TASK GOAL. Using the listing below, report each line holding the string "unfolding".

EXERCISE DATA.
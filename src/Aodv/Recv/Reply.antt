-- ===== src/Aodv/Recv/Reply.antt =====
-- A route reply at the node that asked for the route.
use aqua_sim_ng.Address.{address_key, broadcast}
use aqua_sim_ng.Aodv.Data.{send_queued_packets}
use aqua_sim_ng.Aodv.Data.Flush.{push_sent, push_sent_same, send_queued_packets_lem}
use aqua_sim_ng.Aodv.Discovery.{end_discovery}
use aqua_sim_ng.Aodv.Recv.{recv_rrep}
use aqua_sim_ng.Aodv.Send.{from_milliseconds}
use aqua_sim_ng.Aodv.State.{AodvPacket, Env, Node, RouteEntry, inc16}
use aqua_sim_ng.Aodv.Table.{lookup_route, update_route}
use aqua_sim_ng.Aodv.Table.Frame.{lookup_route_same, update_route-routes}
use aqua_sim_ng.Aodv.Table.Freshness.{lookup_route-update_route}
use aqua_sim_ng.Prelude.{
  ==_iff, List, ap, arith, count, false, none, refl, some, sym, true, ℕ, ◌∙◌, ◌≡◌, ◌≢◌,
}
use aqua_sim_ng.Prelude.KeySet.{contains, contains-exclude_self}
use aqua_sim_ng.Prelude.Map.{find, find-erase_self}

module _ (env : Env) (p : AodvPacket) (previous_hop : ℕ) (q : List AodvPacket) (n : Node) where
  abbrev learned : Node
  learned =
      update_route env.now p.aodv.destination previous_hop (inc16 p.aodv.hop_count)
        p.aodv.dest_seq_no true (from_milliseconds p.aodv.lifetime_ms) n

  abbrev flushed : Node
  flushed = send_queued_packets env p.aodv.destination learned

  learned-out : learned.out ≡ n.out
  unfolding update_route
  learned-out = ground arith

  recv_rrep_here :
      p.aodv.origin ≡ flushed.address
      → recv_rrep env p previous_hop n ≡ (end_discovery p.aodv.destination flushed, true)
  unfolding recv_rrep
  recv_rrep_here h = rw (h, recv_rrep) (rw ((==_iff flushed.address flushed.address).1 refl) refl)

  -- A reply to this node about a destination to which it has no usable route, which is neither the node
  -- itself nor the broadcast address and for which packets wait in a queue, makes the route through
  -- the neighbour it came from, and the packets are handed down along it, in order. Then no queue is
  -- left for the destination, and its discovery is over.
  pub recv_rrep_delivers :
      p.aodv.origin ≡ n.address
      → p.aodv.destination ≢ broadcast
      → p.aodv.destination ≢ n.address
      → lookup_route env.now p.aodv.destination n ≡ none
      → find p.aodv.destination n.pending_queue ≡ some q
      → let d = p.aodv.destination in
        let r = recv_rrep env p previous_hop n in
        (route : RouteEntry) × (lookup_route env.now d r.0 ≡ some route)
        × (route.next_hop ≡ previous_hop)
        × (route.hop_count ≡ inc16 p.aodv.hop_count)
        × (route.dest_seq_no ≡ p.aodv.dest_seq_no)
        × (r.1 ≡ true)
        × (r.0.out ≡ push_sent route n q n.out)
        × (find d r.0.pending_queue ≡ none)
        × (contains d r.0.active_discoveries ≡ false)
        × (find d r.0.rreq_attempts ≡ none)
        × (find d r.0.rreq_hop_limits ≡ none)
  recv_rrep_delivers here unicast away missing waiting =
      let d = p.aodv.destination in
      let hops = inc16 p.aodv.hop_count in
      let lifetime = from_milliseconds p.aodv.lifetime_ms in
      let u = update_route-routes env.now d previous_hop hops p.aodv.dest_seq_no true lifetime n in
      let (route, found, hop, count, seq, _, _) =
        lookup_route-update_route env.now d previous_hop hops p.aodv.dest_seq_no true lifetime n
          unicast away missing in
      let (sent, empty, _) =
        send_queued_packets_lem env d route q learned (rw u.pending_queue waiting) found in
      let routes = ap (λ m. m.route_table) sent in
      let address = ap (λ m. m.address) sent in
      rw (recv_rrep_here (here ∙ sym (address ∙ u.address))) (
        route,
        lookup_route_same env.now d learned _ routes ∙ found,
        hop,
        count,
        seq,
        refl,
        ap (λ m. m.out) sent
            ∙ push_sent_same route n learned q learned.out u.address u.sequence_number
            ∙ ap (push_sent route n q) learned-out,
        empty,
        contains-exclude_self d flushed.active_discoveries,
        find-erase_self d flushed.rreq_attempts,
        find-erase_self d flushed.rreq_hop_limits,
      )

ANSWER TO THE PROBLEM.
  unfolding update_route
  unfolding recv_rrep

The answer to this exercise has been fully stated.